第15話 灯火の温もり
魔獣を殲滅させれば、それで戦いが終わりというわけではない。
勝利とは、ただ敵を倒すことではない。
その後に残る“現実”に向き合うことでもある。
兵士の手当て、魔獣からの魔素石をはじめとした素材採取、不要となった死骸の焼却、けが人の砦内への収容、宿舎に入りきれない兵士の野営準備。
勝利の余韻に浸る間もなく、多くの人が、影が交差する。
物見櫓の上では、陽が落ちたことで風が少し強く吹いていた。
夜気を含んだ冷たい風が、濃い紅の髪と紺色の外套をはためかせる。
薄氷の勝利だった。ほんのわずかな綻びがあれば、結果は違っていた。
その余韻を醒ますようにエリザベートは一人そこに立って、森林に魔獣の気配がないか、不審な動きはないか、目を凝らしていた。

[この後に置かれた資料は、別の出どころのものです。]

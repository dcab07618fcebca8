-- ===== src/BaseWatcher/Cursor.antt =====
-- The cursor of the base watcher passes no burn that is not recorded
-- (services/bridge/src/workers/base-watcher.ts, `startBaseWatcher`).
use mathlib.Core.List.{Memᴰ}
use faircoin_bridge.BaseWatcher.{
  SeenBurn, add_orphans, add_release_job, base_watcher, reconcile_orphan_withdrawals, scan,
  scan_chain, scan_from, scan_window, seen_burn, set_cursor, upsert_cursor, window_end,
}
use faircoin_bridge.BaseWatcher.Scan.{Among, Seen, process_logs-Seen}
use faircoin_bridge.Effects.{World, ask}
use faircoin_bridge.Effects.Hoare.{
  Ensures, act-Ensures, bind-Ensures, if-Ensures, known-Ensures, look-Ensures, modify-Ensures,
  pre-Ensures, run-Ensures, skip-Ensures, weaken-Ensures,
}
use faircoin_bridge.Effects.Keeps.{
  Keeps, act-Keeps, ask-Keeps, bind-Keeps, catch-Keeps, if-Keeps, modify-Keeps, skip-Keeps,
  then-Ensures, then-Keeps,
}
use faircoin_bridge.Models.Chain.{Log}
use faircoin_bridge.Models.Withdrawal.{Withdrawal}
use faircoin_bridge.Prelude.{
  List, Nat_cases, [], arith, false, inl, inr, leb, ltb, not, refl, some, subst, suc, sym, zero, ℕ,
  ◌&&◌, ◌+◌, ◌<◌, ◌∷◌, ◌≡◌, ◌≤◌, ◌⊎◌,
}
use faircoin_bridge.Prelude.Collection.{Collection}
use faircoin_bridge.Store.{Config, Env, Store}

module _ (config : Config) (env : Env) (OnBase : Log → Type 0) (start : ℕ)
    (running : (n : ℕ) → env.aborted n ≡ false)
    (complete : (n from to : ℕ) (l : Log) (b : SeenBurn)
      → OnBase l
      → seen_burn l ≡ some b
      → from ≤ b.block
      → b.block ≤ to
      → Memᴰ l (env.burn_logs n from to)) where
  -- The burns of Base in the blocks after `start` and up to `k`.
  abbrev pub Past : ℕ → SeenBurn → Type 0
  Past k b = (l : Log) × OnBase l × (seen_burn l ≡ some b) × (start < b.block) × (b.block ≤ k)

  abbrev pub At : ℕ → Store → Type 0
  At k s = Seen (Past k) (some k) s

  -- Every burn behind the cursor is recorded.
  abbrev pub Covered : Store → Type 0
  Covered s = (k : ℕ) × At k s

  scan_window-At :
      (k to : ℕ) → Ensures (At k) (scan_window config env (k + 1) to) (λ _. At to) Covered
  unfolding scan_window set_cursor ask
  scan_window-At k to =
      bind-Ensures (λ (logs : List Log) s. At k s × ((n : ℕ) × (logs ≡ env.burn_logs n (k + 1) to)))
        (act-Ensures _ _ (λ n s p. ((p, (n, refl)), (k, p), (k, p))))
        (λ logs.
          known-Ensures (λ s p. p.1)
            (λ (n, same).
              pre-Ensures (λ s p. p.0)
                (then-Ensures (Seen (λ b. Past k b ⊎ Among logs b) (some k))
                  (weaken-Ensures (λ s p. p) (λ _ s p. p) (λ s p. (k, p))
                    (process_logs-Seen config env (some k) running (Past k) logs))
                  (modify-Ensures _ _ (λ s p.
                    let q : At to (set_cursor to s) =
                      ((λ b h. p.0 b (found logs n same b h)), refl) in
                    (q, (k, ((λ b h. p.0 b (inl h)), p.1)), (to, q)))))))
    where
      found :
          (logs : List Log) (n : ℕ)
          → logs ≡ env.burn_logs n (k + 1) to
          → (b : SeenBurn) → Past to b
          → Past k b ⊎ Among logs b
      found logs n same b (l, on, seen, after, upto) = elim (Nat_cases b.block k) [
        | inl le ↦ inl (l, on, seen, after, le)
        | inr gt ↦ inr (
          l,
          subst (λ x. Memᴰ l x) (sym same) (complete n (k + 1) to l b on seen (omega arith) upto),
          seen,
        )
      ]

  scan-Covered :
      (fuel k safe_tip : ℕ)
      → Ensures (At k) (scan config env fuel (k + 1) safe_tip) (λ _. Covered) Covered
  unfolding scan
  scan-Covered zero k safe_tip = skip-Ensures (λ s p. (k, p))
  scan-Covered (suc fuel) k safe_tip =
      bind-Ensures (λ _. At k) (look-Ensures _ (λ n s p. p))
        λ aborted.
          if-Ensures (leb (k + 1) safe_tip && not aborted)
            (λ _.
              then-Ensures (At (window_end (k + 1) safe_tip)) (scan_window-At k _)
                (scan-Covered fuel _ safe_tip))
            (λ _. skip-Ensures (λ s p. (k, p)))

  scan_from-Covered :
      (safe_tip k : ℕ) → Ensures (At k) (scan_from config env safe_tip k) (λ _. Covered) Covered
  unfolding scan_from
  scan_from-Covered safe_tip k =
      if-Ensures (ltb k safe_tip) (λ _. scan-Covered _ k safe_tip)
        (λ _. skip-Ensures (λ s p. (k, p)))

  upsert_cursor-At : (tip k : ℕ) (s : Store) → At k s → (upsert_cursor tip s ≡ (k, s))
  unfolding upsert_cursor
  upsert_cursor-At tip k s p = rw p.1 refl

  add_orphans-Covered : (c : Collection Withdrawal) → Keeps Covered (add_orphans config env c)
  unfolding add_orphans add_release_job
  add_orphans-Covered [] = skip-Keeps
  add_orphans-Covered ((id, d) ∷ c) =
      then-Keeps (modify-Keeps _ _ (λ s p. p)) (add_orphans-Covered c)

  reconcile-Covered : Keeps Covered (reconcile_orphan_withdrawals config env)
  unfolding reconcile_orphan_withdrawals
  reconcile-Covered = bind-Keeps (act-Keeps _ _ (λ n s p. p)) add_orphans-Covered

  scan_chain-Keeps : Keeps Covered (scan_chain config env)
  unfolding scan_chain
  scan_chain-Keeps = then-Keeps reconcile-Covered (
      bind-Keeps (ask-Keeps _ _) (λ tip.
        bind-Ensures (λ last s. At last s)
          (act-Ensures _ _ (λ n s p.
            let e = upsert_cursor-At tip p.0 s p.1 in
            (
              subst (λ (r : ℕ × Store). At r.0 r.1) (sym e) p.1,
              p,
              subst (λ (r : ℕ × Store). Covered r.1) (sym e) p,
            )))
          (λ last. scan_from-Covered _ last)))

  pub scan_chain-Covered :
      (w : World Store) → Covered w.store → Covered (scan_chain config env w).1.store
  scan_chain-Covered w p = run-Ensures scan_chain-Keeps w p

  base_watcher-Covered : (rounds : ℕ) → Keeps Covered (base_watcher config env rounds)
  unfolding base_watcher
  base_watcher-Covered zero = skip-Keeps
  base_watcher-Covered (suc rounds) =
      bind-Ensures (λ _. Covered) (look-Ensures _ (λ n s p. p))
        λ aborted. if-Keeps aborted skip-Keeps (
          then-Keeps (catch-Keeps scan_chain-Keeps (λ _. skip-Keeps)) (base_watcher-Covered rounds))

  -- While the watcher is not told to stop, and a node's `getLogs` leaves out no burn of the blocks
  -- it is asked for: whatever calls fail, and wherever the process is killed, every burn in the
  -- blocks behind the cursor has a withdrawal after the watcher's rounds if it had one before them.
  pub base_watcher_covers :
      (rounds : ℕ) (w : World Store)
      → Covered w.store
      → Covered (base_watcher config env rounds w).1.store
  base_watcher_covers rounds w p = run-Ensures (base_watcher-Covered rounds) w p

静かな森に安心し、次に動かした視線の先には、戦場の跡で動く多くの人影。
夜の帳が降りるとともに、
灯りが一つ、また一つと増えていく。
篝火だ。
暗くなった地面に、橙色にゆらめく温かな光が点在する。
それはまるで、鎮魂の灯りであり、安堵の息づかいのようでもあった。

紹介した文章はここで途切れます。